Kologrivova Irina V, Suslova Tatiana E, Koshelskaya Olga A, Kravchenko Elena S, Kharitonova Olga A, Romanova Ekaterina A, Vyrostkova Alexandra I, Boshchenko Alla A
Cardiology Research Institute, Tomsk National Research Medical Center, Russian Academy of Sciences, 111A Kievskaya, Tomsk 634012, Russia.
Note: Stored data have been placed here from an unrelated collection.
-- ===== src/Receipts/Suppress.antt =====
-- The suppression list as receipts extend it (src/orphan_reconcile/repo.rs), and as the dispatcher's
-- gate reads it.
use messgr.Base.{
  ℕ, ◌+◌, ◌*◌, String, ◌≡◌, refl, ap, inl, inr, Bool, ◌&&◌, ◌||◌, some, List, [], ◌∷◌, arith, ltb,
  ◌==◌, beq_eq, Bool-cases, any, nat_eq, string_eq, option_eq, list_eq,
}
use messgr.Store.Tables.{Suppression}
use messgr.Store.Tables.{Db, Request}
use messgr.Zone.{day_ms}
use messgr.Dispatcher.Queries.{suppressed, is_request}
use messgr.Receipts.Repo.{upsert_suppression, suppress_for, suppress_days}

-- An entry for the destination is in force at a time.
abbrev pub in_force : List ℕ → ℕ → List Suppression → Bool
in_force hmac now entries =
    any (λ (s : Suppression). (s.destination_hmac == hmac) && ltb now s.review_at) entries

covers : Suppression → List ℕ → ℕ → Bool
covers s hmac now = (s.destination_hmac == hmac) && ltb now s.review_at

upsert-in_force :
    (new : Suppression) (hmac : List ℕ) (now : ℕ) (entries : List Suppression)
    → in_force hmac now (upsert_suppression new entries)
      ≡ (in_force hmac now entries || covers new hmac now)
unfolding upsert_suppression covers
upsert-in_force new hmac now [] = ground arith
upsert-in_force new hmac now (s ∷ rest) =
    elim (Bool-cases (s.destination_hmac == new.destination_hmac)) [
      | inl e ↦
          let same =
            ap (λ (d : List ℕ). d == hmac) (beq_eq s.destination_hmac new.destination_hmac e) in
          elim (Bool-cases (ltb s.review_at new.review_at)) [
            | inl lt ↦ ground (arith, e, lt, same)
            | inr ge ↦ ground (arith, e, ge, same)
          ]
      | inr e ↦ let ih = upsert-in_force new hmac now rest in ground (arith, e, ih)
    ]

-- The ledger row of a key goes to a destination.
abbrev pub goes_to : ℕ → ℕ → List ℕ → Request → Bool
goes_to created_at id hmac r = is_request created_at id r && (hmac == r.destination_hmac)

any_either :
    {A : Type 0} (p q r : A → Bool) (b : Bool)
    → ((a : A) → p a ≡ (q a || (r a && b)))
    → (xs : List A) → any p xs ≡ (any q xs || (any r xs && b))
any_either p q r b h [] = refl
any_either p q r b h (x ∷ xs) =
    let here = h x in let ih = any_either p q r b h xs in ground (arith, here, ih)

-- A receipt that suppresses a destination suppresses, at every time before 365 days are over, the
-- requests that go to it; besides these, exactly the requests that were suppressed before are.
pub suppress_for-suppressed :
    (reason : String) (hmac : List ℕ) (t : ℕ) (db : Db) (created_at id now : ℕ)
    → suppressed created_at id now (suppress_for (some reason) hmac t db) ≡ (
        suppressed created_at id now db
        || (any (goes_to created_at id hmac) db.ledger && ltb now (t + suppress_days * day_ms)))
unfolding suppressed covers
suppress_for-suppressed reason hmac t db created_at id now =
    any_either _ _ (goes_to created_at id hmac) (ltb now new.review_at)
      (λ r.
        let is = upsert-in_force new r.destination_hmac now db.suppression in ground (arith, is))
      db.ledger
  where
    new : Suppression
    new = record {
      destination_hmac = hmac;
      reason = reason;
      added_at = t;
      review_at = t + suppress_days * day_ms;
    }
Department of Biomedicine, Siberian State Medical University, 2 Moskovskii trakt, Tomsk 634050, Russia.
Biomedicines. 2023 Oct 27;11(11):2911. doi: 10.3390/biomedicines11112911.
The aim was to investigate the association of monocyte heterogeneity and presence of circulating endothelial cells with the severity of coronary atherosclerosis in patients with coronary artery disease (CAD) and type 2 diabetes mellitus (T2DM). We recruited 62 patients with CAD, including 22 patients with DM2. The severity of atherosclerosis was evaluated using Gensini Score. Numbers of classical (CD14++CD16-), intermediate (CD14++CD16+), and non-classical (CD14+CD16++) monocyte subsets; circulating endothelial progenitor cells; and the presence of circulating endothelial cells were evaluated. Counts and frequencies of intermediate monocytes, but not glycaemia parameters, were associated with the severity of atherosclerosis in diabetic CAD patients (r = 0.689; = 0.001 and r = 0.632; = 0.002, respectively). Frequency of Tie2+ cells was lower in classical than in non-classical monocytes in CAD patients ( = 0.007), while in patients with association of CAD and T2DM, differences between Tie2+ monocytes subsets disappeared ( = 0.080). Circulating endothelial cells were determined in 100% of CAD+T2DM patients, and counts of CD14++CD16+ monocytes and concentration of TGF-β predicted the presence of circulating endothelial cells (sensitivity 92.3%; specificity 90.9%; AUC = 0.930). Thus, intermediate monocytes represent one of the key determinants of the appearance of circulating endothelial cells in all the patients with CAD, but are associated with the severity of atherosclerosis only in patients with association of CAD and T2DM.
目的是研究冠状动脉疾病(CAD)和2型糖尿病(T2DM)患者中单核细胞异质性及循环内皮细胞的存在与冠状动脉粥样硬化严重程度之间的关联。我们招募了62例CAD患者,其中包括22例DM2患者。使用Gensini评分评估动脉粥样硬化的严重程度。评估经典型(CD14++CD16-)、中间型(CD14++CD16+)和非经典型(CD14+CD16++)单核细胞亚群的数量;循环内皮祖细胞;以及循环内皮细胞的存在情况。在糖尿病CAD患者中,中间单核细胞的计数和频率与动脉粥样硬化的严重程度相关,而血糖参数则无此关联(r分别为0.689;P = 0.001和r = 0.632;P = 0.002)。CAD患者中,经典单核细胞中Tie2+细胞的频率低于非经典单核细胞(P = 0.007),而在CAD与T2DM并存的患者中,Tie2+单核细胞亚群之间的差异消失(P = 0.080)。100%的CAD+T2DM患者检测到循环内皮细胞,CD14++CD16+单核细胞计数和TGF-β浓度可预测循环内皮细胞的存在(敏感性92.3%;特异性90.9%;AUC = 0.930)。因此,中间单核细胞是所有CAD患者中循环内皮细胞出现的关键决定因素之一,但仅在CAD与T2DM并存的患者中与动脉粥样硬化的严重程度相关。